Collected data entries
-- ===== src/Metrics/Samples.antt =====
-- Natural numbers for doubles.
use tlshub_ebpf.Metrics.Stats.Tallies.{IsOrder}
use tlshub_ebpf.Base.{true, ◌≡◌, arith, ℕ, ◌+◌, ◌-◌, ◌*◌, ◌/◌, pos_part, ltb}
use tlshub_ebpf.Metrics.Types.{Doubles}

abbrev pub natural : Doubles ℕ
natural = record {
  of_ℕ = λ n. n;
  of_ℤ = pos_part;
  add = λ x y. x + y;
  sub = λ x y. x - y;
  mul = λ x y. x * y;
  div = λ x y. x / y;
  lt = ltb;
}

pub natural-IsOrder : IsOrder natural
natural-IsOrder = record {
  IsNumber = λ x. Unit {0};
  of_ℕ-IsNumber = λ n. tt;
  div-IsNumber = λ n m. tt;
  lt_irrefl = λ x. ground arith;
  lt_asymm = λ x y h. ground arith;
  le_trans = λ x y z n h h'. ground arith;
}

pub natural-lt-IsNumber : (x y : ℕ) → natural.lt x y ≡ true → natural-IsOrder.IsNumber y
unfolding natural-IsOrder
natural-lt-IsNumber x y e = tt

What to produce.
A count is needed of the lines in the entries that contain "Metrics". Supply only that number.

Solution to this task.
3